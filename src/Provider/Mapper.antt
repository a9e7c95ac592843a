-- ===== src/Provider/Mapper.antt =====
-- data-provider/mapper.py: the RadiationEvent of a CSV row. `hashlib.md5(…).hexdigest()` is a
-- parameter.
pub mod Events
mod Tests
use Prim.Native.String.{◌++◌}
use radiation_tracking.Prelude.{
  ℕ, String, Bool, true, false, not, ◌&&◌, ◌||◌, Option, none, some, List, [], ◌∷◌, str_eq,
  if◌then◌else◌,
}
use radiation_tracking.Python.{Number, Value, null, num, str, Fields, end, field, put, ◌>>=◌}
use radiation_tracking.Python.Text.{strip, text_lt}
use radiation_tracking.Provider.Rows.{CsvRow, csv_field, normalise_ts}

-- A text that is neither absent nor empty.
unfoldable pub nonempty : Option String → Option String
nonempty none = none
nonempty (some s) = if str_eq s "" then none else some s

-- `_to_str`
unfoldable pub to_str : Option String → Option String
unfolding nonempty
to_str none = none
to_str (some s) = nonempty (some (strip s))

-- `x or y`
abbrev pub or_text : Option String → Option String → Option String
or_text none y = y
or_text (some x) y = some x

-- `did and did != "0"`
unfoldable pub not_zero : Option String → Option String
not_zero none = none
not_zero (some did) = if str_eq did "0" then none else some did

unfoldable pub resolve_sensor_id : CsvRow → Option String
unfolding to_str not_zero
resolve_sensor_id row =
    or_text (to_str (csv_field row "sensor_id")) (not_zero (to_str (csv_field row "device_id")))

-- `_normalise_timestamp`
unfoldable pub normalise_timestamp : Option String → Option String
normalise_timestamp none = none
normalise_timestamp (some raw) = if str_eq (strip raw) "" then none else some (normalise_ts raw)

-- `_resolve_timestamp` with no fallback, and with one.
unfoldable pub resolve_timestamp : CsvRow → String → Option String
unfolding normalise_timestamp nonempty
resolve_timestamp row col = nonempty (normalise_timestamp (csv_field row col))

unfoldable pub resolve_timestamp_or : CsvRow → String → String → Option String
unfolding resolve_timestamp
resolve_timestamp_or row col fallback =
    or_text (resolve_timestamp row col) (normalise_timestamp (csv_field row fallback))

-- `raw_unit if raw_unit in _VALID_UNITS else None`
unfoldable pub valid_unit : Option String → Option String
valid_unit none = none
valid_unit (some unit) =
    if str_eq unit "cpm" || str_eq unit "mSv/h" || str_eq unit "uSv/h" then some unit else none

-- `sorted(row.items())`, whose keys are distinct.
unfoldable pub insert_item : String × Option String → CsvRow → CsvRow
insert_item (k, v) [] = (k, v) ∷ []
insert_item (k, v) ((j, w) ∷ row) =
    let rest = insert_item (k, v) row in
    if text_lt j k then (j, w) ∷ rest else (k, v) ∷ (j, w) ∷ row

unfoldable pub sort_items : CsvRow → CsvRow
unfolding insert_item
sort_items [] = []
sort_items (item ∷ row) = insert_item item (sort_items row)

abbrev pub str_of : Option String → String
str_of none = "None"
str_of (some s) = s

-- `",".join(f"{k}={v}" for k, v in items)`
unfoldable pub join_items : CsvRow → String
join_items [] = ""
join_items ((k, v) ∷ []) = k ++ ("=" ++ str_of v)
join_items ((k, v) ∷ item ∷ row) = k ++ ("=" ++ (str_of v ++ ("," ++ join_items (item ∷ row))))

unfoldable pub row_md5 : (String → String) → CsvRow → String
unfolding sort_items join_items
row_md5 hexdigest row = hexdigest (join_items (sort_items row))

module _ {F : Type 0} where
  abbrev pub text_value : Option String → Value F
  text_value none = null
  text_value (some s) = str s

  abbrev pub number_value : Option F → Value F
  number_value none = null
  number_value (some x) = num x

  unfoldable pub with_unit : Option String → Fields F → Fields F
  with_unit none event = event
  with_unit (some unit) event = put event "unit" (str unit)

module _ {F : Type 0} ⦃n : Number F⦄ where
  -- `_to_float`
  unfoldable pub cell_to_float : Option String → Option F
  cell_to_float none = none
  cell_to_float (some s) = if str_eq (strip s) "" then none else n.parse s

  -- `_in_range(value, -bound, bound)`
  unfoldable pub within_bound : F → ℕ → Bool
  within_bound x bound = n.le (n.neg (n.of_ℕ bound)) x && n.le x (n.of_ℕ bound)

  -- The reading, where the unit is known.
  unfoldable pub cpm_of : CsvRow → Option String → Option F
  unfolding cell_to_float
  cpm_of row none = none
  cpm_of row (some unit) = cell_to_float (csv_field row "value")

  module _ (hexdigest : String → String) where
    -- The event, from what the guards have found.
    unfoldable pub event_of : CsvRow → String → String → F → F → Fields F
    unfolding cell_to_float to_str with_unit cpm_of valid_unit row_md5 resolve_timestamp_or
    event_of row sensor_id captured_at latitude longitude =
        let unit = valid_unit (to_str (csv_field row "unit")) in
        with_unit unit (
          field "sensor_id" (str sensor_id) (
            field "captured_at" (str captured_at) (
              field "uploaded_at"
                (text_value (resolve_timestamp_or row "uploaded_at" "captured_at"))
                (field "latitude" (num latitude) (
                  field "longitude" (num longitude) (
                    field "cpm" (number_value (cpm_of row unit)) (
                      field "classification" null (
                        field "location_name" (text_value (to_str (csv_field row "location_name")))
                          (field "height" (number_value (cell_to_float (csv_field row "height"))) (
                            field "surface" (text_value (to_str (csv_field row "surface"))) (
                              field "loader_id"
                                (text_value (to_str (csv_field row "measurement_import_id")))
                                (field "md5sum"
                                  (text_value (
                                    or_text (to_str (csv_field row "md5sum"))
                                      (some (row_md5 hexdigest row))))
                                  end))))))))))))

    -- The guards on the coordinates.
    unfoldable pub locate : CsvRow → String → String → Option F → Option F → Option (Fields F)
    unfolding event_of within_bound
    locate row sensor_id captured_at (some latitude) (some longitude) =
        if not (within_bound latitude 90) || not (within_bound longitude 180)
        then none
        else some (event_of row sensor_id captured_at latitude longitude)
    locate row sensor_id captured_at _ _ = none

    -- The guards on the sensor and the time.
    unfoldable pub identify : CsvRow → Option String → Option String → Option (Fields F)
    unfolding locate cell_to_float
    identify row (some sensor_id) (some captured_at) =
        locate row sensor_id captured_at (cell_to_float (csv_field row "latitude"))
          (cell_to_float (csv_field row "longitude"))
    identify row _ _ = none

    -- None where the row is discarded.
    unfoldable pub row_to_event : CsvRow → Option (Fields F)
    unfolding identify resolve_sensor_id resolve_timestamp
    row_to_event row = identify row (resolve_sensor_id row) (resolve_timestamp row "captured_at")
***
PROBLEM TO WORK ON
Copy down the entries exactly, leaving out no line.

EXERCISE SOLUTION
filename src/Provider/Mapper.antt
repository a9e7c95ac592843a
-- ===== src/Provider/Mapper.antt =====
-- data-provider/mapper.py: the RadiationEvent of a CSV row. `hashlib.md5(…).hexdigest()` is a
-- parameter.
pub mod Events
mod Tests
use Prim.Native.String.{◌++◌}
use radiation_tracking.Prelude.{
  ℕ, String, Bool, true, false, not, ◌&&◌, ◌||◌, Option, none, some, List, [], ◌∷◌, str_eq,
  if◌then◌else◌,
}
use radiation_tracking.Python.{Number, Value, null, num, str, Fields, end, field, put, ◌>>=◌}
use radiation_tracking.Python.Text.{strip, text_lt}
use radiation_tracking.Provider.Rows.{CsvRow, csv_field, normalise_ts}

-- A text that is neither absent nor empty.
unfoldable pub nonempty : Option String → Option String
nonempty none = none
nonempty (some s) = if str_eq s "" then none else some s

-- `_to_str`
unfoldable pub to_str : Option String → Option String
unfolding nonempty
to_str none = none
to_str (some s) = nonempty (some (strip s))

-- `x or y`
abbrev pub or_text : Option String → Option String → Option String
or_text none y = y
or_text (some x) y = some x

-- `did and did != "0"`
unfoldable pub not_zero : Option String → Option String
not_zero none = none
not_zero (some did) = if str_eq did "0" then none else some did

unfoldable pub resolve_sensor_id : CsvRow → Option String
unfolding to_str not_zero
resolve_sensor_id row =
    or_text (to_str (csv_field row "sensor_id")) (not_zero (to_str (csv_field row "device_id")))

-- `_normalise_timestamp`
unfoldable pub normalise_timestamp : Option String → Option String
normalise_timestamp none = none
normalise_timestamp (some raw) = if str_eq (strip raw) "" then none else some (normalise_ts raw)

-- `_resolve_timestamp` with no fallback, and with one.
unfoldable pub resolve_timestamp : CsvRow → String → Option String
unfolding normalise_timestamp nonempty
resolve_timestamp row col = nonempty (normalise_timestamp (csv_field row col))

unfoldable pub resolve_timestamp_or : CsvRow → String → String → Option String
unfolding resolve_timestamp
resolve_timestamp_or row col fallback =
    or_text (resolve_timestamp row col) (normalise_timestamp (csv_field row fallback))

-- `raw_unit if raw_unit in _VALID_UNITS else None`
unfoldable pub valid_unit : Option String → Option String
valid_unit none = none
valid_unit (some unit) =
    if str_eq unit "cpm" || str_eq unit "mSv/h" || str_eq unit "uSv/h" then some unit else none

-- `sorted(row.items())`, whose keys are distinct.
unfoldable pub insert_item : String × Option String → CsvRow → CsvRow
insert_item (k, v) [] = (k, v) ∷ []
insert_item (k, v) ((j, w) ∷ row) =
    let rest = insert_item (k, v) row in
    if text_lt j k then (j, w) ∷ rest else (k, v) ∷ (j, w) ∷ row

unfoldable pub sort_items : CsvRow → CsvRow
unfolding insert_item
sort_items [] = []
sort_items (item ∷ row) = insert_item item (sort_items row)

abbrev pub str_of : Option String → String
str_of none = "None"
str_of (some s) = s

-- `",".join(f"{k}={v}" for k, v in items)`
unfoldable pub join_items : CsvRow → String
join_items [] = ""
join_items ((k, v) ∷ []) = k ++ ("=" ++ str_of v)
join_items ((k, v) ∷ item ∷ row) = k ++ ("=" ++ (str_of v ++ ("," ++ join_items (item ∷ row))))

unfoldable pub row_md5 : (String → String) → CsvRow → String
unfolding sort_items join_items
row_md5 hexdigest row = hexdigest (join_items (sort_items row))

module _ {F : Type 0} where
  abbrev pub text_value : Option String → Value F
  text_value none = null
  text_value (some s) = str s

  abbrev pub number_value : Option F → Value F
  number_value none = null
  number_value (some x) = num x

  unfoldable pub with_unit : Option String → Fields F → Fields F
  with_unit none event = event
  with_unit (some unit) event = put event "unit" (str unit)

module _ {F : Type 0} ⦃n : Number F⦄ where
  -- `_to_float`
  unfoldable pub cell_to_float : Option String → Option F
  cell_to_float none = none
  cell_to_float (some s) = if str_eq (strip s) "" then none else n.parse s

  -- `_in_range(value, -bound, bound)`
  unfoldable pub within_bound : F → ℕ → Bool
  within_bound x bound = n.le (n.neg (n.of_ℕ bound)) x && n.le x (n.of_ℕ bound)

  -- The reading, where the unit is known.
  unfoldable pub cpm_of : CsvRow → Option String → Option F
  unfolding cell_to_float
  cpm_of row none = none
  cpm_of row (some unit) = cell_to_float (csv_field row "value")

  module _ (hexdigest : String → String) where
    -- The event, from what the guards have found.
    unfoldable pub event_of : CsvRow → String → String → F → F → Fields F
    unfolding cell_to_float to_str with_unit cpm_of valid_unit row_md5 resolve_timestamp_or
    event_of row sensor_id captured_at latitude longitude =
        let unit = valid_unit (to_str (csv_field row "unit")) in
        with_unit unit (
          field "sensor_id" (str sensor_id) (
            field "captured_at" (str captured_at) (
              field "uploaded_at"
                (text_value (resolve_timestamp_or row "uploaded_at" "captured_at"))
                (field "latitude" (num latitude) (
                  field "longitude" (num longitude) (
                    field "cpm" (number_value (cpm_of row unit)) (
                      field "classification" null (
                        field "location_name" (text_value (to_str (csv_field row "location_name")))
                          (field "height" (number_value (cell_to_float (csv_field row "height"))) (
                            field "surface" (text_value (to_str (csv_field row "surface"))) (
                              field "loader_id"
                                (text_value (to_str (csv_field row "measurement_import_id")))
                                (field "md5sum"
                                  (text_value (
                                    or_text (to_str (csv_field row "md5sum"))
                                      (some (row_md5 hexdigest row))))
                                  end))))))))))))

    -- The guards on the coordinates.
    unfoldable pub locate : CsvRow → String → String → Option F → Option F → Option (Fields F)
    unfolding event_of within_bound
    locate row sensor_id captured_at (some latitude) (some longitude) =
        if not (within_bound latitude 90) || not (within_bound longitude 180)
        then none
        else some (event_of row sensor_id captured_at latitude longitude)
    locate row sensor_id captured_at _ _ = none

    -- The guards on the sensor and the time.
    unfoldable pub identify : CsvRow → Option String → Option String → Option (Fields F)
    unfolding locate cell_to_float
    identify row (some sensor_id) (some captured_at) =
        locate row sensor_id captured_at (cell_to_float (csv_field row "latitude"))
          (cell_to_float (csv_field row "longitude"))
    identify row _ _ = none

    -- None where the row is discarded.
    unfoldable pub row_to_event : CsvRow → Option (Fields F)
    unfolding identify resolve_sensor_id resolve_timestamp
    row_to_event row = identify row (resolve_sensor_id row) (resolve_timestamp row "captured_at")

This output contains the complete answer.